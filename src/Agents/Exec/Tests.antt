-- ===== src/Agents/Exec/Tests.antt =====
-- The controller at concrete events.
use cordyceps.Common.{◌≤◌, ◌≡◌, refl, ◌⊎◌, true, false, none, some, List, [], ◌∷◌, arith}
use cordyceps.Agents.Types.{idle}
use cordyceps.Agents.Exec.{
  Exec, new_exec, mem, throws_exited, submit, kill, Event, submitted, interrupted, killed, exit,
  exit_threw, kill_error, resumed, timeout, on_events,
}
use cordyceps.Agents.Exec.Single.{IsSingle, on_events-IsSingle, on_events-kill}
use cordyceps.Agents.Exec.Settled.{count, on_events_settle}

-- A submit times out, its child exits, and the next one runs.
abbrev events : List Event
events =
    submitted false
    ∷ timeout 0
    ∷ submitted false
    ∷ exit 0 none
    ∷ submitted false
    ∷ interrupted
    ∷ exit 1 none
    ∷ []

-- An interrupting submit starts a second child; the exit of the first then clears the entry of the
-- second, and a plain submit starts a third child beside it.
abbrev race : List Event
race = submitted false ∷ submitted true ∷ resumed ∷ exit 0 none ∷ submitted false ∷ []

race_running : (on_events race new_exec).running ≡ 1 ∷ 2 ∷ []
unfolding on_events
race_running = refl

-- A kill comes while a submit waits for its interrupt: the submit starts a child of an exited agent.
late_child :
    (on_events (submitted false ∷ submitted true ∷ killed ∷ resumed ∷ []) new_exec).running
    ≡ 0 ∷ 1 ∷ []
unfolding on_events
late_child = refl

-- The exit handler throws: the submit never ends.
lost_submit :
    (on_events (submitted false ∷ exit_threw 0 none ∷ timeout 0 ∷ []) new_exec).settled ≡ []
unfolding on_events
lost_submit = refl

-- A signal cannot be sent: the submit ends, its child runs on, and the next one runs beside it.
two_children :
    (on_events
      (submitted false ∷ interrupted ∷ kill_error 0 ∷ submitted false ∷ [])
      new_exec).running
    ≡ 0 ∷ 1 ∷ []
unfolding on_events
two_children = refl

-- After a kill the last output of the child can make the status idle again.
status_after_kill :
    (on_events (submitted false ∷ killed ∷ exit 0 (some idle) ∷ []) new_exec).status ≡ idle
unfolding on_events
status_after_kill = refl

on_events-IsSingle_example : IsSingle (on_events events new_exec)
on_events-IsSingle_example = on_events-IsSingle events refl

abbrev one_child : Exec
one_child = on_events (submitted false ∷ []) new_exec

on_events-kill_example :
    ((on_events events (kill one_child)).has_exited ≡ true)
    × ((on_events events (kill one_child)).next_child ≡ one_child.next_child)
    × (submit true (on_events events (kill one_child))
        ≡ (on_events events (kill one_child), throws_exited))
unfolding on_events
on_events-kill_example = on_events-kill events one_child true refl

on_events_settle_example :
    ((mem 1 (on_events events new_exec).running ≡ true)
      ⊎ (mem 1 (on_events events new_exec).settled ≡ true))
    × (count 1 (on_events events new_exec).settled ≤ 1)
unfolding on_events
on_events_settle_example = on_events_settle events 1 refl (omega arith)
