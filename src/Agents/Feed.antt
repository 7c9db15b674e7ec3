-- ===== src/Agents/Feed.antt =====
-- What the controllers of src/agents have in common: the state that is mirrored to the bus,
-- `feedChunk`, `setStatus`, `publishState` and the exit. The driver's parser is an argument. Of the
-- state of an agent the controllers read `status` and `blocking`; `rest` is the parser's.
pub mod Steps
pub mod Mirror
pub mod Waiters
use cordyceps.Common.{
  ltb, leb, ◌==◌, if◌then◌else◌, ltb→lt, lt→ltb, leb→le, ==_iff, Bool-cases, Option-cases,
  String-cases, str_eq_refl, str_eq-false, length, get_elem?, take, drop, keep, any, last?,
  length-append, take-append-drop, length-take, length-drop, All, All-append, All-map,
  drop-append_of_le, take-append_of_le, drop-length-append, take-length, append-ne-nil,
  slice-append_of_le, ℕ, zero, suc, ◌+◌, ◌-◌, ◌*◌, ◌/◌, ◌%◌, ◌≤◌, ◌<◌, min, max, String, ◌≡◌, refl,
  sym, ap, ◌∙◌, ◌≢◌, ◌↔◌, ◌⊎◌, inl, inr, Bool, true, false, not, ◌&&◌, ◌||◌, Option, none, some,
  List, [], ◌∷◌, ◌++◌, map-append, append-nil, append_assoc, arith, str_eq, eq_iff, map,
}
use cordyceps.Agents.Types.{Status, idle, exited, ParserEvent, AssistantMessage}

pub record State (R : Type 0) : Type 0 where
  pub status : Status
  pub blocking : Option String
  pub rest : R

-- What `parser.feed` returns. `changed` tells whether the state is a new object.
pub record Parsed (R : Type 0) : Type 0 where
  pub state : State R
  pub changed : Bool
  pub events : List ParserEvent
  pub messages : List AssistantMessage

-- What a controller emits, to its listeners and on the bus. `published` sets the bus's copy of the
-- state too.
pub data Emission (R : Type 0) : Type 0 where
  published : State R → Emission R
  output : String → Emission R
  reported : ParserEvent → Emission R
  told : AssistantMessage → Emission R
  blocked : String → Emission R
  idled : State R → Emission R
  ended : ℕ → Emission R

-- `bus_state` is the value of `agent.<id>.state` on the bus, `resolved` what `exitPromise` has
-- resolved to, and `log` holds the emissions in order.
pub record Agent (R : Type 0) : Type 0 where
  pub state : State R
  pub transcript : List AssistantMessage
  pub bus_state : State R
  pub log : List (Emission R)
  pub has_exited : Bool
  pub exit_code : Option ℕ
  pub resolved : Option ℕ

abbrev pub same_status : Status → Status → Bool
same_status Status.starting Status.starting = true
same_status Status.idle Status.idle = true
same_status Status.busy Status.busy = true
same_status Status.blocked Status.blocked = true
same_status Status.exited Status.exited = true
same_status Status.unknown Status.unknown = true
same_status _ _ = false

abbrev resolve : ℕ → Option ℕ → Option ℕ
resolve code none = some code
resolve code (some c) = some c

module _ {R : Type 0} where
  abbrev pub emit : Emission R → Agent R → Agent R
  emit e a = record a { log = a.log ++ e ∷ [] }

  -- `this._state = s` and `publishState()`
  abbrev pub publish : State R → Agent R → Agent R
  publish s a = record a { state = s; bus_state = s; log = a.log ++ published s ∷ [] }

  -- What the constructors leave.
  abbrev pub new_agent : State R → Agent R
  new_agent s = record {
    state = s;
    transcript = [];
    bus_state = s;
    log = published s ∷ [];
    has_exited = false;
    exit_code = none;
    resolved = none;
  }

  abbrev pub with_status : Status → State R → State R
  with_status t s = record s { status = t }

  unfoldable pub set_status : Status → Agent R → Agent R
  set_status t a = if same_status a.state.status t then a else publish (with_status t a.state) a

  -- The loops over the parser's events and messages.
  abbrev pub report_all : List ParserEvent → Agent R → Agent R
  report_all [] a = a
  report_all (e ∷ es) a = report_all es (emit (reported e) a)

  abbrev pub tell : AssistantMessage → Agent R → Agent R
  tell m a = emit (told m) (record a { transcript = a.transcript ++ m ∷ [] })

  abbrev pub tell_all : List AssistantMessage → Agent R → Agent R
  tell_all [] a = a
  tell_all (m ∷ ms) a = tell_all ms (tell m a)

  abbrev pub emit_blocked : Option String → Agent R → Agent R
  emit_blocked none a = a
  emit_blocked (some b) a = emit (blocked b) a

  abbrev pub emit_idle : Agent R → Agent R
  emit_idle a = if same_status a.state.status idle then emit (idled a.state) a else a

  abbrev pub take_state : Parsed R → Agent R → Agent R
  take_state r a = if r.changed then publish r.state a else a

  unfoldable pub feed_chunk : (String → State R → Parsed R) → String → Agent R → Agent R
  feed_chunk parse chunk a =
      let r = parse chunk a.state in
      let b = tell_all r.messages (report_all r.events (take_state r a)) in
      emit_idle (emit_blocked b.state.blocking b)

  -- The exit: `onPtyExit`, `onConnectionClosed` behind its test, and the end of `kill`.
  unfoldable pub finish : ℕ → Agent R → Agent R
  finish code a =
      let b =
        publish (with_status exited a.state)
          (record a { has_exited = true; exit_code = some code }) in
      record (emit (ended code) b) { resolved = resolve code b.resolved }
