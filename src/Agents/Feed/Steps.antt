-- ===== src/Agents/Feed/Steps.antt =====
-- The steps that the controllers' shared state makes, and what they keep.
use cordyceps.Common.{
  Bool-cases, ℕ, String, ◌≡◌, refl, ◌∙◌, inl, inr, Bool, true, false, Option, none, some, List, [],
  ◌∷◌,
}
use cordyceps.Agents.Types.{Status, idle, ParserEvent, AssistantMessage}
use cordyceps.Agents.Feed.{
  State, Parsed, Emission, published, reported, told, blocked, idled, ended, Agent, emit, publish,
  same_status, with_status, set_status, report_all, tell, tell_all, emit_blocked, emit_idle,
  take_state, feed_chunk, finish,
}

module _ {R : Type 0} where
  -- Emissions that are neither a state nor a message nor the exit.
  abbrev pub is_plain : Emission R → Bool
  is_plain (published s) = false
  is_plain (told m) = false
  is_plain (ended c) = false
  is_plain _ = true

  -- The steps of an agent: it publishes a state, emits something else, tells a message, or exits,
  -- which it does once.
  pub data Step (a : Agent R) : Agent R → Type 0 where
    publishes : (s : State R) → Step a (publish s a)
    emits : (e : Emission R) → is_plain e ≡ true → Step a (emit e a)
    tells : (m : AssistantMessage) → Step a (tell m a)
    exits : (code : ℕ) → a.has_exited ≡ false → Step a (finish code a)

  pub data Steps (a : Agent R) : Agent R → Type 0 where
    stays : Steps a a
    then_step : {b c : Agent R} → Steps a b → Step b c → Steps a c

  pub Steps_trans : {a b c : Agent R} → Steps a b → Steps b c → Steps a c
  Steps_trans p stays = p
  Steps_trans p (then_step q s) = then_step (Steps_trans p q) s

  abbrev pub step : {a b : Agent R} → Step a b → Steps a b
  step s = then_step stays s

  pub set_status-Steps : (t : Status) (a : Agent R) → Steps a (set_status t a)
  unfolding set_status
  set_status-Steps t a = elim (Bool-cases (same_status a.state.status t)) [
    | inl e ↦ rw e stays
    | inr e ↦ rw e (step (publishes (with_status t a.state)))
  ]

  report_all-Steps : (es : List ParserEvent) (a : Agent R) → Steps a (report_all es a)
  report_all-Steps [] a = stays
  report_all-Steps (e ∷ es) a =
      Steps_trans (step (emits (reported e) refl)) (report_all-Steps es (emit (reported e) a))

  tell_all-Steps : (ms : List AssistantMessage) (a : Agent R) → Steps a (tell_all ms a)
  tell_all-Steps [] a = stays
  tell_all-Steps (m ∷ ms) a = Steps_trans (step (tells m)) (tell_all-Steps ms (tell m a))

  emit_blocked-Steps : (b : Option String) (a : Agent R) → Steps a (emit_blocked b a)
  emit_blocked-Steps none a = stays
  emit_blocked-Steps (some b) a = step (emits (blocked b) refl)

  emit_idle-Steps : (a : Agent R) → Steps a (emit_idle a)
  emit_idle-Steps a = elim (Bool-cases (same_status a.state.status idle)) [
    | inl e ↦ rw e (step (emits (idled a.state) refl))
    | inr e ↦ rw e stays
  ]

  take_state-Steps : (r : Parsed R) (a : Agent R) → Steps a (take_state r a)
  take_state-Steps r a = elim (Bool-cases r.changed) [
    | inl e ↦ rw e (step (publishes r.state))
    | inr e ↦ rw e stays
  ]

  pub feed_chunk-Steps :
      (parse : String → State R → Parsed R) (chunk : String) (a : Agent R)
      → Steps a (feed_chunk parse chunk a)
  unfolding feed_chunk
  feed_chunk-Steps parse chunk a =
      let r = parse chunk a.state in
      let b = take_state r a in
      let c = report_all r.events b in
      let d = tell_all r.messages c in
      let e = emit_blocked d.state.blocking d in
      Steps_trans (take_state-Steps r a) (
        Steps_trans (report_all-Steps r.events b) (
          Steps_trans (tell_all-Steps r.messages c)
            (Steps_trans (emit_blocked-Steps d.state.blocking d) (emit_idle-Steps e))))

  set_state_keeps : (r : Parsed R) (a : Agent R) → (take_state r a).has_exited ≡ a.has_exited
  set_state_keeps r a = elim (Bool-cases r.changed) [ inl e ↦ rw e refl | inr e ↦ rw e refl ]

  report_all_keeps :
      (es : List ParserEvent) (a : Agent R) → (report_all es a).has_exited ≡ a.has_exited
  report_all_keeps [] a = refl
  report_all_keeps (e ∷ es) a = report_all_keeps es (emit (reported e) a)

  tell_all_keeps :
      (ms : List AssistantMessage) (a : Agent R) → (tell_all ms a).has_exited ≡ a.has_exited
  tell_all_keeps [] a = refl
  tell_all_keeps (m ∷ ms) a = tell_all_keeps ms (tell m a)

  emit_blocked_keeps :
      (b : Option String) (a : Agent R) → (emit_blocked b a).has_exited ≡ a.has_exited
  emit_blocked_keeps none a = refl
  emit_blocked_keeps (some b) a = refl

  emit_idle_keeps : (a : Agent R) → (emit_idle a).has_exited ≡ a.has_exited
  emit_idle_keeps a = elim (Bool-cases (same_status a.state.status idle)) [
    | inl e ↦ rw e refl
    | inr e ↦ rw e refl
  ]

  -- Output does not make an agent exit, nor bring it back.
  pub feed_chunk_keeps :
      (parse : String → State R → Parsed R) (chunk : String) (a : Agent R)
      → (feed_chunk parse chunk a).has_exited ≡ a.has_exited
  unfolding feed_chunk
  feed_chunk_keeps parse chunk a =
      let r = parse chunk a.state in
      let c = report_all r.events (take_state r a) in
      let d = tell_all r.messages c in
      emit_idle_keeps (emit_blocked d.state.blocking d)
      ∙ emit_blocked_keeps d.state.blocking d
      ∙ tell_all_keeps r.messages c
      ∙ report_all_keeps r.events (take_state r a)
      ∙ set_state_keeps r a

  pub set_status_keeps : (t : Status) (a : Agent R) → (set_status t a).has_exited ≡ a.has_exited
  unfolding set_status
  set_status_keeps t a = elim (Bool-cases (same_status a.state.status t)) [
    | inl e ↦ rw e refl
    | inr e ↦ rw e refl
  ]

* Your goal:
Reproduce word for word the material above, starting with the line that has "emits : (e : Emission" and stopping after the line that has "stays : Steps a a".

* Solution:
    emits : (e : Emission R) → is_plain e ≡ true → Step a (emit e a)
    tells : (m : AssistantMessage) → Step a (tell m a)
    exits : (code : ℕ) → a.has_exited ≡ false → Step a (finish code a)

  pub data Steps (a : Agent R) : Agent R → Type 0 where
    stays : Steps a a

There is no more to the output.